What, Oh What to Read and Write in 2019

Okay, so we’re almost two months into 2019. What’s been going on in the world of this blog?

2019: What’s happening?

Savoring new publications written by friends

  • If you like fairy tales, philosophy, and the fantastic, Jonathan Duckworth’s chapbook Book of Never is well worth your time.
  • Copies of other friends’ books are on their way: Chloe Firetto-Toomey’s Little Cauliflower and Angie Trudell Vasquez’s In Light, Always Light. Can’t wait to read these!
  • My professors Denise Duhamel and Julie Marie Wade have a brand new collaborative memoir (!) called The Unrhymables. Here’s a collaborative interview they published a few years ago.
  • I was (finally) able to get my hands on a copy of Noel Pabillo Mariano’s wonderful chapbook dispatches from the mushroom kingdom. Perhaps you, like me, have some nostalgia for Mario Bros. video games, but who would have thought that the game could be translated into beautiful meditations on brotherhood and the hero’s journey?
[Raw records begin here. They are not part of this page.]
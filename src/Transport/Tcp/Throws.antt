-- ===== src/Transport/Tcp/Throws.antt =====
-- `_onData` of `TcpTransport` when the callbacks of listeners may throw; which of them do is a
-- parameter.
use cuttle_db.Prelude.{
  ℕ, zero, suc, ◌+◌, Bool, true, false, List, [], ◌∷◌, ◌++◌, map, Option, none, some, inl, inr, ◌≡◌,
  refl, sym, ap, subst, ◌∙◌, arith, Bool-cases, if◌then◌else◌, length, take, drop, take-append, All,
  Lacks, Text,
}
use cuttle_db.Text.{index_of}
use cuttle_db.Text.Laws.{index_of-append}
use cuttle_db.Transport.Router.{
  Event, Router, parse_event, is_event, answer_next, route, strip_cr, broadcast,
}
use cuttle_db.Transport.Router.Events.{answer_next-Quiet, read_event, parse_event-read_event}
use cuttle_db.Transport.Router.Throws.{notify, notify-calm, notify-stops}
use cuttle_db.Transport.Tcp.Stream.{trimmed, strip_cr-trimmed}
use cuttle_db.Transport.Tcp.{Tcp, drain, route_stripped, on_data}

module _ (throws : ℕ → Bool) where
  -- The body of the loop for a line, and whether a callback threw.
  unfoldable pub route_or_throw : Text → Router → Router × Bool
  unfolding notify answer_next parse_event
  route_or_throw l r =
      let (calls, thrown) = notify throws (parse_event l) r.listeners in
      if is_event l
      then (record r { heard = r.heard ++ calls }, thrown)
      else (answer_next r.waiters l r, false)

  -- The loop: the line is off the buffer before it is routed, and an exception leaves the loop.
  unfoldable pub drain_or_throw : ℕ → Text → Router → (Text × Router) × Bool
  unfolding route_or_throw index_of
  drain_or_throw zero buf r = ((buf, r), false)
  drain_or_throw (suc fuel) buf r = elim (index_of b'\n' buf) [
    | none ↦ ((buf, r), false)
    | some nl ↦
        let rest = drop (nl + 1) buf in
        let (r', thrown) = route_or_throw (strip_cr (take nl buf)) r in
        let later = drain_or_throw fuel rest r' in if thrown then ((rest, r'), true) else later
  ]

  unfoldable pub on_data_or_throw : Text → Tcp → Tcp × Bool
  unfolding drain_or_throw
  on_data_or_throw chunk t =
      let buf = t.buf ++ chunk in
      let ((rest, router), thrown) = drain_or_throw (length buf + 1) buf t.router in
      (record t { buf = rest; router = router }, thrown)

  abbrev pub Calm : List ℕ → Type 0
  Calm cbs = All (λ cb. throws cb ≡ false) cbs

  route_or_throw-Calm :
      (l : Text) (r : Router) → Calm r.listeners → route_or_throw l r ≡ (route l r, false)
  unfolding route_or_throw route broadcast
  route_or_throw-Calm l r calm = elim (Bool-cases (is_event l)) [
    | inl e ↦ rw (e, notify-calm throws (parse_event l) r.listeners calm)
    | inr e ↦ rw e refl
  ]

  listeners-route : (l : Text) (r : Router) → (route l r).listeners ≡ r.listeners
  unfolding route broadcast
  listeners-route l r = elim (Bool-cases (is_event l)) [
    | inl e ↦ rw e refl
    | inr e ↦ rw e (answer_next-Quiet r.waiters l r).0
  ]

  drain_or_throw-step :
      (fuel : ℕ) (buf : Text) (r : Router) (nl : Option ℕ)
      → index_of b'\n' buf ≡ nl
      → Calm r.listeners
      → ((s : Router) (rest : Text)
          → Calm s.listeners
          → drain_or_throw fuel rest s ≡ (drain route_stripped fuel rest s, false))
      → drain_or_throw (suc fuel) buf r ≡ (drain route_stripped (suc fuel) buf r, false)
  unfolding drain_or_throw drain
  drain_or_throw-step fuel buf r none e calm later = rw (drain_or_throw, drain, e)
  drain_or_throw-step fuel buf r (some nl) e calm later =
      let l = strip_cr (take nl buf) in
      rw (drain_or_throw, drain, e, route_or_throw-Calm l r calm)
        (later (route l r) (drop (nl + 1) buf) (subst Calm (sym (listeners-route l r)) calm))

  drain_or_throw-Calm :
      (fuel : ℕ) (buf : Text) (r : Router)
      → Calm r.listeners
      → drain_or_throw fuel buf r ≡ (drain route_stripped fuel buf r, false)
  drain_or_throw-Calm zero buf r calm = unfold drain_or_throw in unfold drain in refl
  drain_or_throw-Calm (suc fuel) buf r calm =
      drain_or_throw-step fuel buf r (index_of b'\n' buf) refl calm
        (λ s rest c. drain_or_throw-Calm fuel rest s c)

  on_data_or_throw-Calm :
      (chunk : Text) (t : Tcp)
      → Calm t.router.listeners
      → on_data_or_throw chunk t ≡ (on_data chunk t, false)
  unfolding on_data_or_throw on_data
  on_data_or_throw-Calm chunk t calm =
      rw (drain_or_throw-Calm (length (t.buf ++ chunk) + 1) (t.buf ++ chunk) t.router calm)

  route_or_throw-stops :
      (l : Text) (r : Router) (before : List ℕ) (cb : ℕ) (after : List ℕ)
      → is_event l ≡ true
      → r.listeners ≡ before ++ cb ∷ after
      → Calm before
      → throws cb ≡ true
      → route_or_throw l r ≡ (
        record r { heard = r.heard ++ map (λ (c : ℕ). (c, read_event l)) (before ++ cb ∷ []) },
        true,
      )
  unfolding route_or_throw
  route_or_throw-stops l r before cb after event on calm bad =
      let calls : notify throws (parse_event l) r.listeners
          ≡ (map (λ (c : ℕ). (c, parse_event l)) (before ++ cb ∷ []), true) =
        ap (notify throws (parse_event l)) on
        ∙ notify-stops throws (parse_event l) before cb after calm bad in
      rw (event, calls)
        (ap
          (λ (evt : Event).
            (record r { heard = r.heard ++ map (λ (c : ℕ). (c, evt)) (before ++ cb ∷ []) }, true))
          (parse_event-read_event l))

  drop_line : (p q : Text) → drop (length p + 1) (p ++ b'\n' ∷ q) ≡ q
  drop_line [] q = refl
  drop_line (c ∷ p) q =
      let e : suc (length p) + 1 ≡ suc (length p + 1) = omega arith in rw e (drop_line p q)

  drain_or_throw-stops :
      (fuel : ℕ) (l rest : Text) (r r' : Router)
      → Lacks b'\n' l
      → route_or_throw (strip_cr l) r ≡ (r', true)
      → drain_or_throw (suc fuel) (l ++ b'\n' ∷ rest) r ≡ ((rest, r'), true)
  unfolding drain_or_throw
  drain_or_throw-stops fuel l rest r r' one thrown = rw (
    drain_or_throw,
    index_of-append b'\n' l rest one,
    take-append l (b'\n' ∷ rest),
    drop_line l rest,
    thrown,
  )

  -- If no listener throws, `_onData` is as it is modelled elsewhere. If the first line in the buffer
  -- is an event and a listener throws on it, the listeners up to the first that throws have been
  -- called, those behind it have not, and the exception leaves `_onData` with the lines behind the
  -- event in the buffer: no waiter has been taken off, and nothing is settled, whatever these lines
  -- are.
  pub on_data_or_throw-first :
      (quiet : Tcp) (chunk : Text) (t : Tcp) (more l rest : Text) (before : List ℕ) (cb : ℕ)
      (after : List ℕ)
      → Calm quiet.router.listeners
      → t.buf ++ more ≡ l ++ b'\n' ∷ rest
      → Lacks b'\n' l
      → is_event (trimmed l) ≡ true
      → t.router.listeners ≡ before ++ cb ∷ after
      → Calm before
      → throws cb ≡ true
      → (on_data_or_throw chunk quiet ≡ (on_data chunk quiet, false))
        × (on_data_or_throw more t ≡ (
          record t {
            buf = rest;
            router = record t.router {
              heard =
                  t.router.heard
                  ++ map (λ (c : ℕ). (c, read_event (trimmed l))) (before ++ cb ∷ []);
            };
          },
          true,
        ))
  unfolding on_data_or_throw
  on_data_or_throw-first quiet chunk t more l rest before cb after calm whole one event on h bad = (
    on_data_or_throw-Calm chunk quiet calm,
    (let stops = drain_or_throw-stops (length (t.buf ++ more)) l rest t.router _ one (
          ap (λ (line : Text). route_or_throw line t.router) (strip_cr-trimmed l)
          ∙ route_or_throw-stops (trimmed l) t.router before cb after event on h bad) in
        let fuel : length (t.buf ++ more) + 1 ≡ suc (length (t.buf ++ more)) = omega arith in
        ap (λ (out : (Text × Router) × Bool). (record t { buf = out.0.0; router = out.0.1 }, out.1))
          (ap (λ (n : ℕ). drain_or_throw n (t.buf ++ more) t.router) fuel
            ∙ ap (λ (b : Text). drain_or_throw (suc (length (t.buf ++ more))) b t.router) whole
            ∙ stops)),
  )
Celebrating poetry community

Reading and writing here in South Florida

  • I’ll be on a panel called “In Search of a Friendlier Climate: Miami as a Crossroads in Poetry and Nonfiction” with Jemercis Lazo and Terin Weinberg at the Crossroads of the Translantic Conference Student Humanities Conference at Nova Southeastern University. Let us know if you’ll also be there!
  • I’m teaching “The Writing on the Wall,” a poetry workshop through the Palm Beach Poetry Festival’s community outreach program on Saturday, March 2nd at 1:00 pm at Old School Square in Delray Beach. We will be examining metaphorical “walls” within poems. We’ll practice sizing the walls up, writing on them, and breaking them down. The workshop is 2.5 hours and costs $10. I’ll post a link to register once it becomes available.
  • 2019 is the year I will also have the pleasure of working with Reading Queer and O, Miami, two other poetry organizations I’ve admired since moving to the state! Stay tuned for more details involving typewriters, photo exhibits, poetry performance art, and more…

What are your goals in 2019?

This year is, in many ways, off to a hard start, especially thinking about our country and our world. It is hard, I think, to hold all of it at once, mentally, emotionally, and otherwise. What kinds of activism have you been doing to address the major issues we’re facing collectively?

The flip side of that question is this: How have you been taking care of yourself? These are just a few of the questions I want to blog and dialogue about as the year goes on.